* Extracted material
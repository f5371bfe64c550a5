-- ===== src/Machine/Memory/Virtual.antt =====
-- Machine::WriteMem and ReadMem (code/machine/translate.cc) through a page table.
use my_nachos.Shared.{
  ℕ, ◌+◌, ◌*◌, ◌/◌, ◌%◌, ◌^◌, ◌<◌, ◌≤◌, ◌≡◌, refl, true, false, none, some, List, length, set,
  get_elem?, get_elem?-set_self, Result, ok, arith,
}
use my_nachos.Machine.State.{Machine, TranslationEntry, ExceptionType, memory_size, page_size}
use my_nachos.Machine.Exceptions.{raise_exception_lem}
use my_nachos.Machine.Translate.{
  Translation, raised, mapped, translate, translate_page, use_entry, touch, misaligned,
}
use my_nachos.Machine.Translate.Bounds.{
  IsAccessSize, PageGives, unaligned, beyond, absent, present, EntryGives, protected, bad_frame,
  hit, translate-PageGives,
}
use my_nachos.Machine.Memory.{read_mem, write_mem}
use my_nachos.Machine.Memory.RoundTrip.{narrow, value_round_trip}

-- A write that was done went through a present entry.
written :
    (m : Machine) (va size v : ℕ) (m' : Machine) (e : ExceptionType)
    → write_mem m va size v ≡ ok (true, m')
    → translate m va size true ≡ ok (raised e)
    → ⊥
unfolding write_mem
written m va size v m' e h t = ground (arith, raise_exception_lem m e va)

module _ (m : Machine) (table : List TranslationEntry) (va size v : ℕ) (m' : Machine)
    (no_tlb : m.tlb ≡ none) (has_table : m.page_table ≡ some table)
    (len : length table ≡ m.page_table_size) (mem_len : length m.main_memory ≡ memory_size)
    (s : IsAccessSize size) (small : v < 2 ^ 32)
    (done : write_mem m va size v ≡ ok (true, m')) where
  -- The state after a write through a present entry.
  through :
      (entry : TranslationEntry) (pa : ℕ)
      → misaligned va size ≡ false
      → va / page_size < m.page_table_size
      → get_elem? table (va / page_size) ≡ some entry
      → entry.valid ≡ true
      → pa ≡ entry.physical_page * page_size + va % page_size
      → pa + size ≤ memory_size
      → translate m va size true
        ≡ ok (
            mapped pa
              (record m { page_table = some (set table (va / page_size) (touch entry true)) }))
      → (m'' : Machine) × (read_mem m' va size ≡ ok (some (narrow size v), m''))
  unfolding write_mem read_mem translate translate_page use_entry
  through entry pa aligned inside at valid is_pa fits t =
      let (mem', w, l, r) =
        value_round_trip m.main_memory pa size v s small (omega (arith, mem_len)) in
      let table' = set table (va / page_size) (touch entry true) in
      let result : m' ≡ record m { page_table = some table'; main_memory = mem' } =
        ground (arith, t, w) in
      let at' : get_elem? table' (va / page_size) ≡ some (touch entry true) =
        get_elem?-set_self table (va / page_size) (touch entry true) (omega (arith, len)) in
      let again : translate m' va size false
          ≡ ok (
              mapped pa (record m' {
                page_table = some (set table' (va / page_size) (touch (touch entry true) false));
              })) =
        rw result (ground (arith, at')) in
      (
        record m' {
          page_table = some (set table' (va / page_size) (touch (touch entry true) false));
        },
        ground (arith, again, result, r),
      )

  by_entry :
      (entry : TranslationEntry) (r : Result Translation)
      → translate m va size true ≡ r
      → misaligned va size ≡ false
      → va / page_size < m.page_table_size
      → get_elem? table (va / page_size) ≡ some entry
      → entry.valid ≡ true
      → EntryGives
          (λ e. record m { page_table = some (set table (va / page_size) e) })
          entry
          va
          size
          true
          r
      → (m'' : Machine) × (read_mem m' va size ≡ ok (some (narrow size v), m''))
  by_entry entry r t aligned inside at valid (protected ro w) =
      absurd (written m va size v m' _ done t)
  by_entry entry r t aligned inside at valid (bad_frame allowed big) =
      absurd (written m va size v m' _ done t)
  by_entry entry r t aligned inside at valid (hit pa allowed is_pa fits) =
      through entry pa aligned inside at valid is_pa fits t

  by_page :
      (r : Result Translation)
      → translate m va size true ≡ r
      → PageGives m table va size true r
      → (m'' : Machine) × (read_mem m' va size ≡ ok (some (narrow size v), m''))
  by_page r t (unaligned bad) = absurd (written m va size v m' _ done t)
  by_page r t (beyond aligned big) = absurd (written m va size v m' _ done t)
  by_page r t (absent entry aligned inside at invalid) = absurd (written m va size v m' _ done t)
  by_page r t (present entry r' aligned inside at valid gives) =
      by_entry entry r t aligned inside at valid gives

  -- Through a page table of the stated length and with the whole memory there, after a WriteMem of
  -- 1, 2 or 4 bytes that returned TRUE, ReadMem of the same size at the same virtual address
  -- succeeds and returns the value cut to that size, a byte being sign-extended.
  pub read_mem-write_mem : (m'' : Machine) × (read_mem m' va size ≡ ok (some (narrow size v), m''))
  read_mem-write_mem =
      by_page (translate m va size true) refl
        (translate-PageGives m table va size true no_tlb has_table len s)
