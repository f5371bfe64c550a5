-- ===== src/Machine/Translate/Tlb.antt =====
-- Translation through the TLB of code/machine/translate.cc.
use my_nachos.Shared.{
  ℕ, zero, suc, subst, sym, ◌/◌, ◌%◌, ◌<◌, ◌≡◌, ◌⊎◌, refl, Bool, true, false, ◌&&◌, none, some,
  List, [], ◌∷◌, get_elem?, set, Result, ok, arith, Bool-cases, inl, inr, ◌==◌,
}
use my_nachos.Machine.State.{
  Machine, TranslationEntry, page_fault_exception, address_error_exception, page_size,
}
use my_nachos.Machine.Translate.{
  Translation, raised, misaligned, find_tlb, use_entry, translate_tlb, translate,
}
use my_nachos.Machine.Translate.Bounds.{IsAccessSize, in_page, EntryGives, use_entry-EntryGives}

abbrev pub holds_page : TranslationEntry → ℕ → Bool
holds_page e vpn = e.valid && e.virtual_page == vpn

-- No entry of the list is valid for the page.
abbrev pub AreOthers : List TranslationEntry → ℕ → Type 0
AreOthers [] vpn = Unit {0}
AreOthers (e ∷ es) vpn = (holds_page e vpn ≡ false) × AreOthers es vpn

find_tlb_lem :
    (es : List TranslationEntry) (vpn : ℕ)
    → ((find_tlb es vpn ≡ none) × AreOthers es vpn)
      ⊎ ((i : ℕ) × (e : TranslationEntry) × (find_tlb es vpn ≡ some i)
          × (get_elem? es i ≡ some e)
          × (holds_page e vpn ≡ true)
          × ((k : ℕ) (other : TranslationEntry)
              → k < i
              → get_elem? es k ≡ some other
              → holds_page other vpn ≡ false))
unfolding find_tlb
find_tlb_lem [] vpn = inl (refl, tt)
find_tlb_lem (e ∷ es) vpn = elim (Bool-cases (holds_page e vpn)) [
  | inl hit ↦ inr (0, e, rw hit, refl, hit, λ k other h. absurd (omega arith))
  | inr miss ↦ elim (find_tlb_lem es vpn) [
    | inl (nothing, others) ↦ inl (ground arith, (miss, others))
    | inr (i, e', found, at, hit, before) ↦
        inr (suc i, e', ground arith, at, hit, earlier e es vpn i miss before)
  ]
]
  where
    earlier :
        (e : TranslationEntry) (es : List TranslationEntry) (vpn i : ℕ)
        → holds_page e vpn ≡ false
        → ((k : ℕ) (other : TranslationEntry)
            → k < i
            → get_elem? es k ≡ some other
            → holds_page other vpn ≡ false)
        → (k : ℕ) (other : TranslationEntry) → k < suc i
        → get_elem? (e ∷ es) k ≡ some other
        → holds_page other vpn ≡ false
    earlier e es vpn i miss before zero other h at =
        let same : e ≡ other = ground arith in rw same at miss
    earlier e es vpn i miss before (suc k) other h at = before k other (omega arith) at

-- Every outcome through the TLB.
pub data TlbGives (m : Machine) (entries : List TranslationEntry) (va size : ℕ) (writing : Bool)
    : Result Translation → Type 0 where
  unaligned :
      misaligned va size ≡ true
      → TlbGives m entries va size writing (ok (raised address_error_exception))
  missing :
      misaligned va size ≡ false
      → AreOthers entries (va / page_size)
      → TlbGives m entries va size writing (ok (raised page_fault_exception))
  present :
      (i : ℕ) (entry : TranslationEntry) (r : Result Translation)
      → misaligned va size ≡ false
      → get_elem? entries i ≡ some entry
      → holds_page entry (va / page_size) ≡ true
      → ((k : ℕ) (other : TranslationEntry)
          → k < i
          → get_elem? entries k ≡ some other
          → holds_page other (va / page_size) ≡ false)
      → EntryGives (λ e. record m { tlb = some (set entries i e) }) entry va size writing r
      → TlbGives m entries va size writing r

-- Through a TLB, Translate of an access of 1, 2 or 4 bytes fails no assertion; it raises an
-- address error for a misaligned address, a page fault if no entry is valid for the page, and
-- otherwise uses the first valid entry for the page, with the outcomes that this entry leads to.
pub translate-TlbGives :
    (m : Machine) (entries : List TranslationEntry) (va size : ℕ) (writing : Bool)
    → m.tlb ≡ some entries
    → m.page_table ≡ none
    → IsAccessSize size
    → TlbGives m entries va size writing (translate m va size writing)
unfolding translate translate_tlb
translate-TlbGives m entries va size writing has_tlb no_table s =
    elim (Bool-cases (misaligned va size)) [
      | inl bad ↦
          let e : translate m va size writing ≡ ok (raised address_error_exception) =
            ground arith in
          subst (TlbGives m entries va size writing) (sym e) (unaligned bad)
      | inr aligned ↦ elim (find_tlb_lem entries (va / page_size)) [
        | inl (nothing, others) ↦
            let e : translate m va size writing ≡ ok (raised page_fault_exception) = ground arith in
            subst (TlbGives m entries va size writing) (sym e) (missing aligned others)
        | inr (i, entry, found, at, hit, before) ↦
            let store : TranslationEntry → Machine =
              λ x. record m { tlb = some (set entries i x) } in
            let e : translate m va size writing
                ≡ use_entry store entry (va % page_size) size writing =
              ground arith in
            subst (TlbGives m entries va size writing) (sym e) (
              present i entry _ aligned at hit before
                (use_entry-EntryGives store entry va size writing (in_page va size s aligned)))
      ]
    ]
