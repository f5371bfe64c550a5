-- ===== src/Tests.antt =====
-- Runs of the modelled code at concrete inputs.
mod Storage
mod Files
mod Cpu
mod Cycle
mod Devices
mod Kernel
mod LinkedLists
mod FileSystems
mod StoredFile
mod Elevators
mod AddrSpaces
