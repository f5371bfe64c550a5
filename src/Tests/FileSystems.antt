-- ===== src/Tests/FileSystems.antt =====
-- Runs of code/filesys/openfile.cc and code/filesys/filesys.cc.
use my_nachos.Shared.{
  ℕ, zero, suc, ◌+◌, ◌*◌, ◌^◌, ◌%◌, ◌/◌, ◌≡◌, ◌≢◌, ◌<◌, ap, ◌∙◌, refl, true, false, none, some,
  List, [], ◌∷◌, ok, stop, Stop, length, get_or, set, replicate, length-replicate, get_or-replicate,
  Succeeds, arith, subst, sym,
}
use my_nachos.BitMap.Bits.{used}
use my_nachos.BitMap.WordRange.{AreWords}
use my_nachos.Directory.{DirectoryEntry}
use my_nachos.Directory.Table.{lookup, IsUnique}
use my_nachos.Directory.Entries.{AreEntries}
use my_nachos.Disk.{num_sectors}
use my_nachos.SynchDisk.{SynchDisk}
use my_nachos.OpenFile.{read_at, write_at}
use my_nachos.OpenFile.Bytes.{AreFull, IsReady, IsFile, set-AreFull, sector_of}
use my_nachos.OpenFile.Read.{Reads, available, read_at-Holds}
use my_nachos.OpenFile.Write.{Writes, write_at-Writes}
use mathlib.Core.Option
use my_nachos.Shared.{◌>>=◌, Result, Option, Bool}
use my_nachos.FileSystem.{FileSystem, create, open_file, remove_file, format_disk}
use my_nachos.FileSystem.Transfer.{Memory}
use my_nachos.FileSystem.Mounted.{map_on, directory_on, IsMemory, AreOpen, IsMounted}
use my_nachos.FileSystem.Outcomes.{Creates}
use my_nachos.FileSystem.Open.{Opens, open_file-create}
use my_nachos.FileSystem.Create.{create-Creates}

-- A disk of empty sectors but for the bit map, which has the first five sectors in use.
abbrev pub blank : List ℕ
blank = replicate 128 0

abbrev map_bytes : List ℕ
map_bytes = 31 ∷ replicate 127 0

sectors : List (List ℕ)
sectors = set (replicate 1024 blank) 2 map_bytes

abbrev disk : SynchDisk
disk = record {
  disk = record { sectors = sectors; active = false; last_sector = 0; buffer_init = 0 };
  ticks = 0;
}

abbrev pub later : ℕ → ℕ
later t = t + 10

-- The files of the map, at sector 2, and of the directory, at sectors 3 and 4.
abbrev pub fs : FileSystem
fs = record {
  free_map_file = record {
    hdr = record { num_bytes = 128; num_sectors = 1; data_sectors = 2 ∷ [] };
    seek_position = 0;
  };
  directory_file = record {
    hdr = record { num_bytes = 200; num_sectors = 2; data_sectors = 3 ∷ 4 ∷ [] };
    seek_position = 0;
  };
}

abbrev pub no_file : DirectoryEntry
no_file = record { in_use = false; sector = 0; name = replicate 10 0 }

abbrev pub memory : Memory
memory = record {
  chars = λ k. replicate k 7;
  words = replicate 32 9;
  entries = replicate 10 no_file;
  header = record { num_bytes = 0; num_sectors = 0; data_sectors = replicate 30 8 };
}

pub blank-AreFull : AreFull (replicate 1024 blank)
blank-AreFull = record {
  count = length-replicate 1024 blank;
  full = λ k lt. ap length (get_or-replicate 1024 k blank [] lt) ∙ length-replicate {A = ℕ} 128 0;
}

disk-IsReady : IsReady disk
unfolding sectors
disk-IsReady = record {
  idle = refl;
  full = set-AreFull (replicate 1024 blank) 2 map_bytes (omega arith) refl blank-AreFull;
}

directory_sector-inside : (i : ℕ) → i * 128 < 200 → sector_of fs.directory_file.hdr i < num_sectors
directory_sector-inside zero lt = omega arith
directory_sector-inside (suc zero) lt = omega arith
directory_sector-inside (suc (suc i)) lt = absurd (omega arith)

directory_sectors-apart :
    (i j : ℕ)
    → i * 128 < 200
    → j * 128 < 200
    → i ≢ j
    → sector_of fs.directory_file.hdr i ≢ sector_of fs.directory_file.hdr j
directory_sectors-apart zero zero li lj ne = absurd (ne refl)
directory_sectors-apart zero (suc zero) li lj ne = λ e. omega (arith, e)
directory_sectors-apart (suc zero) zero li lj ne = λ e. omega (arith, e)
directory_sectors-apart (suc zero) (suc zero) li lj ne = absurd (ne refl)
directory_sectors-apart (suc (suc i)) j li lj ne = absurd (omega arith)
directory_sectors-apart i (suc (suc j)) li lj ne = absurd (omega arith)

directory_hdr-IsFile : IsFile fs.directory_file.hdr
directory_hdr-IsFile = record {
  there = λ i lt. omega arith;
  on_disk = directory_sector-inside;
  apart = directory_sectors-apart;
}

map_sector-inside : (i : ℕ) → i * 128 < 128 → sector_of fs.free_map_file.hdr i < num_sectors
map_sector-inside zero lt = omega arith
map_sector-inside (suc i) lt = absurd (omega arith)

map_hdr-IsFile : IsFile fs.free_map_file.hdr
map_hdr-IsFile = record {
  there = λ i lt. omega arith;
  on_disk = map_sector-inside;
  apart = λ i j li lj ne. absurd (omega arith);
}

files-apart :
    (i j : ℕ)
    → i * 128 < 128
    → j * 128 < 200
    → sector_of fs.free_map_file.hdr i ≢ sector_of fs.directory_file.hdr j
files-apart zero zero li lj = λ e. omega (arith, e)
files-apart zero (suc zero) li lj = λ e. omega (arith, e)
files-apart zero (suc (suc j)) li lj = absurd (omega arith)
files-apart (suc i) j li lj = absurd (omega arith)

pub fs-AreOpen : AreOpen fs
fs-AreOpen = record {
  map_file = map_hdr-IsFile;
  map_size = refl;
  directory_file = directory_hdr-IsFile;
  directory_size = refl;
  apart = files-apart;
}

map_now : (map_on fs sectors).map ≡ 31 ∷ replicate 31 0
unfolding sectors my_nachos.FileSystem.Layout.decode_words my_nachos.FileSystem.Whole.file_bytes
map_now = refl

directory_now : (directory_on fs sectors).table ≡ replicate 10 no_file
unfolding sectors my_nachos.FileSystem.Layout.decode_entries my_nachos.FileSystem.Layout.entry_at
    my_nachos.FileSystem.Whole.file_bytes
directory_now = refl

pub replicate-AreWords : (n w : ℕ) → w < 2 ^ 32 → AreWords (replicate n w)
replicate-AreWords zero w h = tt
replicate-AreWords (suc n) w h = (h, replicate-AreWords n w h)

pub replicate-AreEntries : (n : ℕ) → AreEntries (replicate n no_file)
replicate-AreEntries zero = tt
replicate-AreEntries (suc n) = ((omega arith, refl), replicate-AreEntries n)

pub replicate-IsUnique : (n : ℕ) → IsUnique (replicate n no_file)
replicate-IsUnique zero = tt
replicate-IsUnique (suc n) = ((λ h. cc), replicate-IsUnique n)

map_used-now : (k : ℕ) → k < 5 → used (map_on fs sectors) k ≡ 1
unfolding sectors my_nachos.FileSystem.Layout.decode_words my_nachos.FileSystem.Whole.file_bytes
    used my_nachos.Shared.Bits.bit_at
map_used-now zero h = refl
map_used-now (suc zero) h = refl
map_used-now (suc (suc zero)) h = refl
map_used-now (suc (suc (suc zero))) h = refl
map_used-now (suc (suc (suc (suc zero)))) h = refl
map_used-now (suc (suc (suc (suc (suc k))))) h = absurd (omega arith)

no_name : (name : List ℕ) → lookup (replicate 10 no_file) name ≡ none
unfolding lookup
no_name name = refl

pub small_sector : (i : ℕ) → i * 128 < 200 → sector_of fs.directory_file.hdr i < 5
small_sector zero lt = omega arith
small_sector (suc zero) lt = omega arith
small_sector (suc (suc i)) lt = absurd (omega arith)

pub small_map : (i : ℕ) → i * 128 < 128 → sector_of fs.free_map_file.hdr i < 5
small_map zero lt = omega arith
small_map (suc i) lt = absurd (omega arith)

disk-IsMounted : IsMounted fs sectors
disk-IsMounted = record {
  words = subst AreWords (sym map_now) (omega arith, replicate-AreWords 31 0 (omega arith));
  entries = subst AreEntries (sym directory_now) (replicate-AreEntries 10);
  unique = subst IsUnique (sym directory_now) (replicate-IsUnique 10);
  on_disk =
      λ name k e. absurd (none_found name k (ap (λ es. lookup es name) (sym directory_now) ∙ e));
  map_used = λ i lt. map_used-now (sector_of fs.free_map_file.hdr i) (small_map i lt);
  directory_used = λ i lt. map_used-now (sector_of fs.directory_file.hdr i) (small_sector i lt);
}
  where
    none_found : (name : List ℕ) (k : ℕ) → lookup (replicate 10 no_file) name ≡ some k → ⊥
    none_found name k e = let f : none ≡ some k = sym (no_name name) ∙ e in ground arith

pub memory-IsMemory : IsMemory memory
memory-IsMemory = record {
  chars = λ k. length-replicate {A = ℕ} k 7;
  words = refl;
  entries = refl;
  header = refl;
  header_words = replicate-AreWords 30 8 (omega arith);
}

create-Creates_example :
    Creates fs (97 ∷ 0 ∷ []) 300 sectors (create later memory fs (97 ∷ 0 ∷ []) 300 disk)
create-Creates_example =
    create-Creates later memory fs (97 ∷ 0 ∷ []) 300 disk memory-IsMemory fs-AreOpen (omega arith)
      disk-IsMounted disk-IsReady

read_at-Holds_example :
    Succeeds
      (Reads fs.directory_file.hdr sectors 120 (available fs.directory_file.hdr 50 120))
      (read_at later fs.directory_file.hdr 50 120 disk)
read_at-Holds_example =
    read_at-Holds later fs.directory_file.hdr directory_hdr-IsFile 50 120 disk (omega arith)
      disk-IsReady

write_at-Writes_example :
    Succeeds
      (Writes fs.directory_file.hdr sectors 120
        (available fs.directory_file.hdr 50 120)
        (replicate 50 1))
      (write_at later fs.directory_file.hdr memory.chars (replicate 50 1) 50 120 disk)
write_at-Writes_example =
    write_at-Writes later memory.chars fs.directory_file.hdr (replicate 50 1) 50 120 disk
      (omega arith) (λ k. length-replicate {A = ℕ} k 7) directory_hdr-IsFile disk-IsReady
      (omega arith)

-- The int sum of position and size overflows.
overflow_run : read_at later fs.directory_file.hdr 2147483647 1 disk ≡ stop Stop.int_overflow
unfolding read_at my_nachos.OpenFile.clip my_nachos.OpenFile.is_refused
    my_nachos.FileHeader.file_length
overflow_run = refl

-- Format makes the two files, and a file made after that is opened and removed again.
abbrev lifecycle : Result (Bool × (Option ℕ × (Bool × Option ℕ)))
lifecycle = do
  (fs, s) ← format_disk later memory disk
  (made, s) ← create later memory fs (97 ∷ 0 ∷ []) 300 s
  (f, s) ← open_file later memory fs (97 ∷ 0 ∷ []) s
  (gone, s) ← remove_file later memory fs (97 ∷ 0 ∷ []) s
  (g, s) ← open_file later memory fs (97 ∷ 0 ∷ []) s
  ok (made, (Option.map (λ o. o.hdr.num_bytes) f, (gone, Option.map (λ o. o.hdr.num_bytes) g)))

-- What an operation says, and the disk behind it.
says : Result (Bool × SynchDisk) → Bool
says (ok r) = r.0
says (stop e) = false

behind : Result (Bool × SynchDisk) → SynchDisk
behind (ok r) = r.1
behind (stop e) = disk

ok-says : (r : Result (Bool × SynchDisk)) → says r ≡ true → r ≡ ok (true, behind r)
unfolding says behind
ok-says (ok r) e = ap (λ b. ok (b, r.1)) e
ok-says (stop c) e = absurd (cc)

create-says : says (create later memory fs (97 ∷ 0 ∷ []) 300 disk) ≡ true
unfolding says sectors my_nachos.FileSystem.create my_nachos.FileSystem.create_new
    my_nachos.FileSystem.create_at my_nachos.FileSystem.save_new my_nachos.FileSystem.load_directory
    my_nachos.FileSystem.load_map my_nachos.FileSystem.is_found
    my_nachos.FileSystem.Transfer.fetch_directory my_nachos.FileSystem.Transfer.fetch_map
    my_nachos.FileSystem.Transfer.write_directory my_nachos.FileSystem.Transfer.write_header
    my_nachos.FileSystem.Transfer.write_map my_nachos.FileSystem.Transfer.header_bytes
    my_nachos.FileSystem.Layout.decode_entries my_nachos.FileSystem.Layout.entry_at
    my_nachos.FileSystem.Layout.decode_words my_nachos.FileSystem.Layout.encode_entries
    my_nachos.FileSystem.Layout.encode_words my_nachos.FileSystem.Layout.entry_bytes
    my_nachos.FileSystem.Layout.fit my_nachos.OpenFile.read_at my_nachos.OpenFile.read_span
    my_nachos.OpenFile.read_from my_nachos.OpenFile.clip my_nachos.OpenFile.is_refused
    my_nachos.OpenFile.read_in my_nachos.OpenFile.write_at my_nachos.OpenFile.write_from
    my_nachos.OpenFile.write_span my_nachos.SynchDisk.read_sector my_nachos.SynchDisk.write_sector
    my_nachos.SynchDisk.await my_nachos.Disk.read_request my_nachos.Disk.write_request
    my_nachos.Disk.handle_interrupt my_nachos.Disk.update_last my_nachos.Disk.buffered
    my_nachos.Disk.compute_latency my_nachos.Disk.modulo_diff my_nachos.Disk.time_to_seek
    my_nachos.Directory.new_directory my_nachos.Directory.find my_nachos.Directory.find_index
    my_nachos.Directory.add my_nachos.Directory.strncmp_eq my_nachos.Directory.strncpy
    my_nachos.BitMap.new_bit_map my_nachos.BitMap.find my_nachos.BitMap.num_clear
    my_nachos.BitMap.clear my_nachos.BitMap.mark my_nachos.BitMap.test
    my_nachos.FileHeader.file_length my_nachos.FileHeader.byte_to_sector
    my_nachos.FileHeader.allocate
create-says = refl

open_file-create_example :
    Opens 300 (behind (create later memory fs (97 ∷ 0 ∷ []) 300 disk)).disk.sectors (
      open_file later memory fs
        (97 ∷ 0 ∷ [])
        (behind (create later memory fs (97 ∷ 0 ∷ []) 300 disk)))
open_file-create_example =
    open_file-create later memory fs (97 ∷ 0 ∷ []) 300 disk
      (behind (create later memory fs (97 ∷ 0 ∷ []) 300 disk)) memory-IsMemory fs-AreOpen
      (omega arith) disk-IsMounted disk-IsReady
      (ok-says (create later memory fs (97 ∷ 0 ∷ []) 300 disk) create-says)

* Problem details
Number of lines above containing the word "present": state it and add nothing else.

* Written solution
6